Изменить размер шрифта - +
Но Жорес еще не понимал классовой природы Ферри и его единомышленников. Он пытался объяснить их поведение усталостью, упадком, нерешительностью, личными обидами, не видя коренных причин все более откровенного консерватизма прежних столь энергичных республиканцев.

Естественным было бы обращение Жореса к левому радикализму и его блестящему лидеру Жоржу Клемансо. Жорес внимательно присматривался к этому не только политическому, но и светскому льву, о котором частенько упоминалось в светской хронике бульварных газет. Молодого депутата из Тарна обескураживала нагловатая элегантность Клемансо, его бретерская манера ходить в цилиндре набекрень, раскачиваясь и быстро вращая тросточкой. Он сурово осуждал нападки Клемансо на Ферри, ибо видел в них причину углубления раскола республиканцев, их ослабления.

В первые дни пребывания в палате Жорес оказался свидетелем любопытного диалога. Депутат-монархист Ламарзель с притворно издевательской любезностью говорил лидеру радикалов:

— Ах, г-н Клемансо, как мы вам признательны! Ведь в предвыборной кампании, чтобы добиться победы, нам достаточно было читать избирателям ваши речи о Тонкине!

— Возможно. — отвечал с досадой Клемансо, — но вы не читали их выводов…

Жорес подумал, что монархист попал в точку; радикалы, нападая на Ферри, в конечном счете помогали правым. А вскоре ему пришлось невольно услышать разговор, показавший еще и неискренность этих нападок.

— Если мы возьмем власть, — спрашивал Клемансо своего коллегу радикала Перрена, — уведете ли вы наши войска из Тонкина?

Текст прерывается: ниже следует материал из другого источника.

-- ===== src/Contract.antt =====
-- internal/contract: requests, responses and event streams.
pub mod Getting
pub mod Completing
pub mod Hex
pub mod Reason
pub mod Course
pub mod Decoding
pub mod Json
pub mod Ending
pub mod Documents
pub mod Scanning
pub mod Verdict
pub mod Readers
pub mod Escapes
pub mod Escaping
pub mod Objects
pub mod Members
pub mod Sse
pub mod Request
pub mod Response
mod Scenes
mod Examples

— Да, конечно. Надо только при этом обеспечить их безопасность…

— Ну а я так не поступил бы. Теперь это уже невозможно.

Оказывается, в глубине души радикалы разделяли политику Ферри. Впрочем, понадобилось не так много времени, чтобы они совершенно открыто выступили не менее яростными колонизаторами. Жорес чувствовал, что радикально-социалистическая фразеология Клемансо никогда не выходит за рамки сугубо буржуазной политики. Решительная защита буржуазного строя была главной целью для столь революционного на словах легендарного сокрушителя кабинетов. И поэтому, хотя иллюзии Жореса в отношении оппортунистов остались в прошлом, он не пошел к радикалам.

Но где же был тот политический маяк, на который ориентировался молодой Жорес? Он пока не находил его, хотя настойчиво вглядывался в смутную линию политического горизонта.

Он не спускал глаз с депутатов-социалистов: бывшего коммунара Камелина, пылкого поэта Кловиса Юга, старого шахтера Бали, интеллигента-гэдиста Дюк-Керси и других. Их было мало тогда в палате, но голоса их звучали громко и резко. И Жорес все чаше замечал, что их взгляды, требования, лозунги справедливы. Туманные социалистические симпатии влекли его к ним, он чувствовал желание присоединиться к социалистам. Но многое его смущало, он еще совсем не представлял себе практических путей достижения социалистического идеала. Однажды он спросил Дюк-Керси:

— Что вы будете делать на другой день после победы над буржуазией?

— Это зависит от степени экономической эволюции, которой достигнет общество, когда мы возьмем власть, — с некоторым пренебрежением сухо ответил Дюк-Керси, считая, видимо, вопрос Жореса проявлением праздного любопытства буржуа. Безупречно ортодоксальная формула показалась Жоресу слишком неопределенной и абстрактной.

Но социализм напоминал о себе непрерывно и в самой конкретной форме. 26 января 1886 года забастовали три тысячи шахтеров Деказвилля. Администрация шахт, не довольствуясь жирными плодами чудовищной эксплуатации, начала грабить рабочих новым способом, заставляя их приобретать в счет зарплаты самые дрянные продукты и товары по непомерным ценам в заводских лавках. На руки шахтеры получали жалкие гроши. К помощнику директора Ватрену явилась их делегация.